ぼくの不思議な点は、どうして頭を地面に打ち付けていたのか。
苺花ちゃんの不思議な点は、どうして岡山県に住んでいるのに、兵庫県にあるマンションの下で事故に遭ったのか。
ぼくらの肝心なことの糸口は全くつかめそうにない。
ぼくはうーんと考えながら、一つのことを思いついた。
「そうだ! ぼくが先に退院したら、苺花ちゃんが事故に遭ったマンションの写真を撮って、ここに見せに来るよ。そしたら、苺花ちゃん、何か思い出せるかもしれない。ぼくもどうして苺花ちゃんがここにいるのか気になるし」
苺花ちゃんに笑ってみせる。我ながらいい提案ではないだろうか。外に出て行けない苺花ちゃんの代わりに、ぼくが苺花ちゃんの記憶を拾いに行く。
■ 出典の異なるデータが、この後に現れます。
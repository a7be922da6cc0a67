-- ===== src/Intercept/Priority.antt =====
-- What decides a target: proofs about `TargetPolicy::evaluate`.
use eggreplay.Intercept.Ranks.{
  rank, best_rank, best_rank-improve, rank-outranked, rank-allow, rank-below,
}
use eggreplay.Intercept.Hosts.{IpAddresses, NormalizedHost}
use eggreplay.Prelude.{
  Bool, arith, max, none, some, ℕ, ◌≡◌, Bool-cases, List, [], ap, if◌then◌else◌, inl, inr, refl,
  subst, sym, ◌∙◌, ◌∷◌, All, Any, false, true, ◌≤◌, ◌⊎◌, leb, ◌<◌, All-imp, Any-imp, ◌↔◌, All-Any,
}
use eggreplay.Intercept.Rules.{
  Best, RequestKind, Rule, improve, specificity, rule_matches, allow, find_best, evaluate,
  TargetPolicy, deny, verdict,
}

module _ (ips : IpAddresses) (host : NormalizedHost ips.IpAddr) (port : ℕ)
    (kind : RequestKind) where
  open ips use {IpAddr}

  abbrev applies : Rule IpAddr → Bool
  applies r = rule_matches ips host port kind r

  abbrev rule_rank : Rule IpAddr → ℕ
  rule_rank r = rank (specificity ips r) r.action

  -- The highest rank among a start and the rules that apply.
  abbrev top : List (Rule IpAddr) → ℕ → ℕ
  top [] n = n
  top (r ∷ rs) n = top rs (if applies r then max n (rule_rank r) else n)

  best_rank-find_best :
      (rs : List (Rule IpAddr)) (best : Best)
      → best_rank (find_best ips host port kind rs best) ≡ top rs (best_rank best)
  unfolding find_best
  best_rank-find_best [] best = refl
  best_rank-find_best (r ∷ rs) best = elim (Bool-cases (applies r)) [
    | inr missed ↦ rw missed (best_rank-find_best rs best)
    | inl applied ↦ rw applied (
        best_rank-find_best rs (improve best (specificity ips r) r.action)
        ∙ ap (top rs) (best_rank-improve best (specificity ips r) r.action))
  ]

  -- The order of the rules is of no account.
  top-grows : (rs : List (Rule IpAddr)) (n : ℕ) → n ≤ top rs n
  top-grows [] n = omega arith
  top-grows (r ∷ rs) n = elim (Bool-cases (applies r)) [
    | inr missed ↦ rw missed (top-grows rs n)
    | inl applied ↦ rw applied (omega (arith, top-grows rs (max n (rule_rank r))))
  ]

  top-applied :
      (r : Rule IpAddr) (rs : List (Rule IpAddr)) (n : ℕ)
      → applies r ≡ true
      → top (r ∷ rs) n ≡ top rs (max n (rule_rank r))
  top-applied r rs n applied = rw applied refl

  top-missed :
      (r : Rule IpAddr) (rs : List (Rule IpAddr)) (n : ℕ)
      → applies r ≡ false
      → top (r ∷ rs) n ≡ top rs n
  top-missed r rs n missed = rw missed refl

  -- No rule that applies has a higher rank.
  top-bounds :
      (rs : List (Rule IpAddr)) (n m : ℕ)
      → top rs n ≤ m
      → All (λ q. (applies q ≡ false) ⊎ (rule_rank q ≤ m)) rs
  top-bounds [] n m h = tt
  top-bounds (r ∷ rs) n m h = elim (Bool-cases (applies r)) [
    | inr missed ↦ (inl missed, top-bounds rs n m (subst (λ k. k ≤ m) (top-missed r rs n missed) h))
    | inl applied ↦
        let below = subst (λ k. k ≤ m) (top-applied r rs n applied) h in
        (
          inr (omega (arith, below, top-grows rs (max n (rule_rank r)))),
          top-bounds rs (max n (rule_rank r)) m below,
        )
  ]

  -- The highest rank is that of the start or of a rule that applies.
  top-attained :
      (rs : List (Rule IpAddr)) (n m : ℕ)
      → top rs n ≡ m
      → (m ≡ n) ⊎ Any (λ q. (applies q ≡ true) × (rule_rank q ≡ m)) rs
  top-attained [] n m h = inl (sym h)
  top-attained (r ∷ rs) n m h = elim (Bool-cases (applies r)) [
    | inr missed ↦ elim (top-attained rs n m (sym (top-missed r rs n missed) ∙ h)) [
      | inl same ↦ inl same
      | inr q ↦ inr (inr q)
    ]
    | inl applied ↦
        elim (top-attained rs (max n (rule_rank r)) m (sym (top-applied r rs n applied) ∙ h)) [
          | inr q ↦ inr (inr q)
          | inl same ↦ max-cases r n m rs applied same
        ]
  ]
    where
      max-cases :
          (r : Rule IpAddr) (n m : ℕ) (rs : List (Rule IpAddr))
          → applies r ≡ true
          → m ≡ max n (rule_rank r)
          → (m ≡ n) ⊎ Any (λ q. (applies q ≡ true) × (rule_rank q ≡ m)) (r ∷ rs)
      max-cases r n m rs applied same = elim (Bool-cases (leb (rule_rank r) n)) [
        | inl below ↦ inl (ground arith)
        | inr above ↦ inr (inl (applied, ground arith))
      ]

  -- A rule that a denying one which applies does not outrank: the latter is strictly less specific.
  abbrev Outranks : Rule IpAddr → Rule IpAddr → Type 0
  Outranks r q =
      (applies q ≡ false) ⊎ ((q.action ≡ allow) ⊎ (specificity ips q < specificity ips r))

  -- A rule that allows a target among rules: it applies, and it outranks every one of them.
  abbrev pub Permits : List (Rule IpAddr) → Rule IpAddr → Type 0
  Permits rules r = (applies r ≡ true) × ((r.action ≡ allow) × All (Outranks r) rules)

  top-find_best :
      (rs : List (Rule IpAddr)) (best : Best)
      → find_best ips host port kind rs none ≡ best
      → top rs 0 ≡ best_rank best
  top-find_best rs best h = sym (best_rank-find_best rs none) ∙ ap best_rank h

  -- A rule of the highest rank, which allows, outranks all.
  Permits-top :
      (rs qs : List (Rule IpAddr)) (s : ℕ)
      → top qs 0 ≡ rank s allow
      → Any (λ r. (applies r ≡ true) × (rule_rank r ≡ rank s allow)) rs
      → Any (Permits qs) rs
  Permits-top rs qs s highest = Any-imp rs (λ r (applied, same). (
    applied,
    (
      rank-allow (specificity ips r) s r.action same,
      All-imp qs
          (λ q either. elim either [
            | inl missed ↦ inl missed
            | inr below ↦
                inr (
                  rank-below (specificity ips r) s r.action q.action same (specificity ips q) below)
          ])
          (top-bounds qs 0 (rank s allow) (omega (arith, highest))),
    ),
  ))

  verdict-rank : (best : Best) → verdict best ≡ allow → (s : ℕ) × (best_rank best ≡ rank s allow)
  unfolding verdict
  verdict-rank none h = absurd (cc h)
  verdict-rank (some (s, allow)) h = (s, refl)
  verdict-rank (some (s, deny)) h = absurd (cc h)

  -- A rule that permits has at most the highest rank.
  permitted-rank :
      (rs : List (Rule IpAddr)) (m : ℕ)
      → top rs 0 ≤ m
      → Any (Permits rs) rs
      → (r : Rule IpAddr) × ((rule_rank r ≤ m) × Permits rs r)
  permitted-rank rs m highest permitted =
      let (r, (bound, (applied, allows))) = All-Any rs (top-bounds rs 0 m highest) permitted in
      elim bound [
        | inl missed ↦ absurd (cc (applied, missed))
        | inr below ↦ (r, (below, (applied, allows)))
      ]

  -- Nor does a rule that permits leave the highest rank to one that denies.
  not-outranked :
      (rs : List (Rule IpAddr)) (r : Rule IpAddr) (t : ℕ)
      → Permits rs r
      → rule_rank r ≤ rank t deny
      → Any (λ q. (applies q ≡ true) × (rule_rank q ≡ rank t deny)) rs
      → ⊥
  not-outranked rs r t (applied, (allowed, outranks)) below attained =
      let (q, (either, (hit, same))) = All-Any rs outranks attained in
      elim either [
        | inl missed ↦ cc (missed, hit)
        | inr weaker ↦
            rank-outranked (specificity ips r) t (specificity ips q) q.action same
              (subst (λ a. rank (specificity ips r) a ≤ rank t deny) allowed below) weaker
      ]

  best-permitted :
      (rs : List (Rule IpAddr)) (best : Best)
      → top rs 0 ≡ best_rank best
      → Any (Permits rs) rs
      → verdict best ≡ allow
  unfolding verdict
  best-permitted rs (some (s, allow)) highest permitted = refl
  best-permitted rs none highest permitted =
      let (r, (below, (applied, (allowed, outranks)))) =
        permitted-rank rs 0 (omega (arith, highest)) permitted in
      absurd (omega (arith, subst (λ a. rank (specificity ips r) a ≤ 0) allowed below))
  best-permitted rs (some (s, deny)) highest permitted =
      let (r, (below, permits)) =
        permitted-rank rs (rank s deny) (omega (arith, highest)) permitted in
      elim (top-attained rs 0 (rank s deny) highest) [
        | inl nothing ↦ absurd (omega arith)
        | inr attained ↦ absurd (not-outranked rs r s permits below attained)
      ]

  permitted-best :
      (rs : List (Rule IpAddr)) (best : Best)
      → top rs 0 ≡ best_rank best
      → verdict best ≡ allow
      → Any (Permits rs) rs
  permitted-best rs best highest allowed =
      let (s, same) = verdict-rank best allowed in
      elim (top-attained rs 0 (rank s allow) (highest ∙ same)) [
        | inl nothing ↦ absurd (omega arith)
        | inr attained ↦ Permits-top rs rs s (highest ∙ same) attained
      ]

  -- A policy allows a target exactly if one of its rules applies, allows, and is more specific than
  -- every rule which applies and denies. With no such rule it denies.
  pub evaluate-allow :
      (p : TargetPolicy IpAddr)
      → (evaluate ips p host port kind ≡ allow) ↔ Any (Permits p.rules) p.rules
  unfolding evaluate
  evaluate-allow p =
      let highest = sym (best_rank-find_best p.rules none) in
      (permitted-best p.rules _ highest, best-permitted p.rules _ highest)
苺花ちゃんの記憶が、すうっと戻ってくるのを想像すると胸が躍った。自分が何かの役に立てるのかと思うと、足がうずく。
「いいですよ、そんな。退院してまで病院に来させるなんてできません」
「いいんだよ。どうせ通院することになると思うし、ついでだよついで」
押し切るぼくに、苺花ちゃんは渋々納得してくれた。それならよろしくおねがいしますと頭を下げられる。
苺花ちゃんにマンションの住所を教えてもらい、スマホでメモをとった。ぼくのスマホのメモアプリがたくさんの文字で埋めつくされていく。
スマホの右上に表示されている時刻を見ると、二十一時前だったので部屋に戻ろうと椅子から飛び降りた。
「じゃあまた明日」
ベッドの上に座っている苺花ちゃんに手を振る。
「はい。おやすみなさい」
小さくうなずく苺花ちゃん。
ぼくはスキップしながら自分の部屋に戻り、日課になりつつある読書をしてから眠りについた。